* [WORK REQUEST]
Some lines below hold "List". Pick them out and copy them.

* [Stored data]
================
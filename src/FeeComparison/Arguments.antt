-- ===== src/FeeComparison/Arguments.antt =====
-- packages/ai-core/src/ai_core/tools/fees_compare.py: `CompareFeesArgs`, with the folding of targets
-- in fees_common.py. Python's tables of characters and the month of a token are parameters.
use liviq.Base.{
  ℕ, Bool, true, ◌&&◌, ◌||◌, not, Option, none, some, List, [], ◌∷◌, ◌++◌, map, if◌then◌else◌, leb,
  is_empty, filter, length, Text, codes, strip, mem_text, join, is_some,
}
use liviq.Base.Sort.{sorted}
use liviq.Budget.{text_ltb}
use liviq.FeePeriods.{MonthMatch, split_from, fold_period_token, fold_periods}
use liviq.FeeComparison.{self_scope, complex_scope, compact}

abbrev pub min_targets : ℕ
min_targets = 2

abbrev pub max_targets : ℕ
max_targets = 4

abbrev pub min_periods : ℕ
min_periods = 2

abbrev pub null_literals : List Text
null_literals = [] ∷ codes "null" ∷ codes "none" ∷ []

abbrev pub self_scope_words : List Text
self_scope_words =
    codes "본인"
    ∷ codes "본인세대"
    ∷ codes "우리집"
    ∷ codes "우리세대"
    ∷ codes "내집"
    ∷ codes "자기집"
    ∷ codes "세대"
    ∷ codes "나"
    ∷ codes "나의"
    ∷ codes "나의집"
    ∷ codes "저"
    ∷ codes "저희"
    ∷ codes "저희집"
    ∷ codes "우리"
    ∷ codes "내"
    ∷ []

abbrev pub complex_scope_words : List Text
complex_scope_words =
    codes "전체"
    ∷ codes "단지"
    ∷ codes "단지전체"
    ∷ codes "전체단지"
    ∷ codes "전체동"
    ∷ codes "모든동"
    ∷ codes "아파트전체"
    ∷ codes "우리단지"
    ∷ codes "전세대"
    ∷ codes "아파트"
    ∷ codes "아파트평균"
    ∷ codes "전체평균"
    ∷ []

-- The characters of Python and the months of the tokens.
pub record Reading : Type 0 where
  pub is_space : ℕ → Bool
  pub lower : Text → Text
  pub is_digits : Text → Bool
  pub match : Text → Option MonthMatch
  pub this_year : ℕ

pub record CompareFeesArgs : Type 0 where
  pub targets : Option Text
  pub period : Option Text
  pub item : Option Text

-- `x or None` of a text
abbrev pub or_none : Text → Option Text
or_none s = if is_empty s then none else some s

unfoldable pub somes : {A : Type 0} → List (Option A) → List A
somes [] = []
somes (none ∷ os) = somes os
somes (some a ∷ os) = a ∷ somes os

-- `dict.fromkeys` behind what was seen
unfoldable pub distinct : List Text → List Text → List Text
distinct seen [] = []
distinct seen (t ∷ ts) =
    let rest = distinct (seen ++ (t ∷ [])) ts in if mem_text t seen then rest else t ∷ rest

module _ (reading : Reading) where
  open reading use {is_space, lower, is_digits, match, this_year}

  abbrev pub fold_null_literal : Text → Option Text
  fold_null_literal value =
      if mem_text (lower (strip is_space value)) null_literals then none else some value

  unfoldable pub fold_scope : Text → Option Text
  fold_scope value =
      let raw = strip is_space value in
      if mem_text (lower raw) null_literals
      then none
      else if mem_text (compact raw) self_scope_words
      then some self_scope
      else if mem_text (compact raw) complex_scope_words
      then some complex_scope
      else some (if is_digits raw then raw ++ codes "동" else raw)

  abbrev pub month_of : Text → Option Text
  month_of token = fold_period_token is_space match this_year token true

  -- `_move_months_out_of_targets`
  unfoldable pub move_months_out_of_targets : CompareFeesArgs → CompareFeesArgs
  move_months_out_of_targets given = elim given.targets [
    | none ↦ given
    | some raw_targets ↦
        let parts =
          filter (λ p. not (is_empty p)) (map (strip is_space) (split_from [] raw_targets)) in
        let months = somes (map month_of parts) in
        if is_empty months
        then given
        else (let period : Text = elim given.period [
          | none ↦ []
          | some value ↦ elim (fold_null_literal value) [ none ↦ [] | some kept ↦ kept ]
        ] in
            record given {
              targets = or_none (join (44 ∷ []) (filter (λ p. not (is_some (month_of p))) parts));
              period = some (
                  join (44 ∷ []) (
                    filter (λ p. not (is_empty p))
                      (map (strip is_space) (months ++ split_from [] period))));
            })
  ]

  -- `_normalize_targets`
  unfoldable pub normalize_targets : Text → Option Text
  normalize_targets value =
      or_none (join (44 ∷ []) (distinct [] (somes (map fold_scope (split_from [] value)))))

  abbrev pub fold_field : Option Text → Option Text
  fold_field none = none
  fold_field (some value) = elim (fold_null_literal value) [
    | none ↦ none
    | some kept ↦ some (fold_periods is_space match this_year kept)
  ]

  unfoldable pub target_tokens : CompareFeesArgs → List Text
  target_tokens a = elim a.targets [
    | none ↦ []
    | some targets ↦ if is_empty targets then [] else split_from [] targets
  ]

  unfoldable pub requested_periods : CompareFeesArgs → List Text
  requested_periods a = elim a.period [
    | none ↦ []
    | some period ↦
        if is_empty period
        then []
        else sorted text_ltb (distinct [] (map (strip is_space) (split_from [] period)))
  ]

  abbrev pub last_of : List Text → Option Text
  last_of [] = none
  last_of (t ∷ ts) = elim ts [ [] ↦ some t | _ ∷ _ ↦ last_of ts ]

  abbrev pub requested_period : CompareFeesArgs → Option Text
  requested_period a = last_of (requested_periods a)

  abbrev pub is_period_axis : CompareFeesArgs → Bool
  is_period_axis a = leb min_periods (length (requested_periods a))

  -- `_require_targets_for_target_axis`
  abbrev pub has_targets : CompareFeesArgs → Bool
  has_targets a =
      is_period_axis a
      || (leb min_targets (length (target_tokens a)) && leb (length (target_tokens a)) max_targets)

  -- `CompareFeesArgs.model_validate`, where `matches` tests the pattern of the period
  unfoldable pub validated : (Text → Bool) → CompareFeesArgs → Option CompareFeesArgs
  validated matches given =
      let moved = move_months_out_of_targets given in
      let period = fold_field moved.period in
      let a : CompareFeesArgs = record {
        targets = elim moved.targets [ none ↦ none | some value ↦ normalize_targets value ];
        period = period;
        item = fold_field moved.item;
      } in
      let fits : Bool = elim period [ none ↦ true | some value ↦ matches value ] in
      if fits && has_targets a then some a else none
================
* [RESULT FOR THIS EXERCISE]
  ℕ, Bool, true, ◌&&◌, ◌||◌, not, Option, none, some, List, [], ◌∷◌, ◌++◌, map, if◌then◌else◌, leb,
abbrev pub null_literals : List Text
abbrev pub self_scope_words : List Text
abbrev pub complex_scope_words : List Text
unfoldable pub somes : {A : Type 0} → List (Option A) → List A
unfoldable pub distinct : List Text → List Text → List Text
  unfoldable pub target_tokens : CompareFeesArgs → List Text
  unfoldable pub requested_periods : CompareFeesArgs → List Text
  abbrev pub last_of : List Text → Option Text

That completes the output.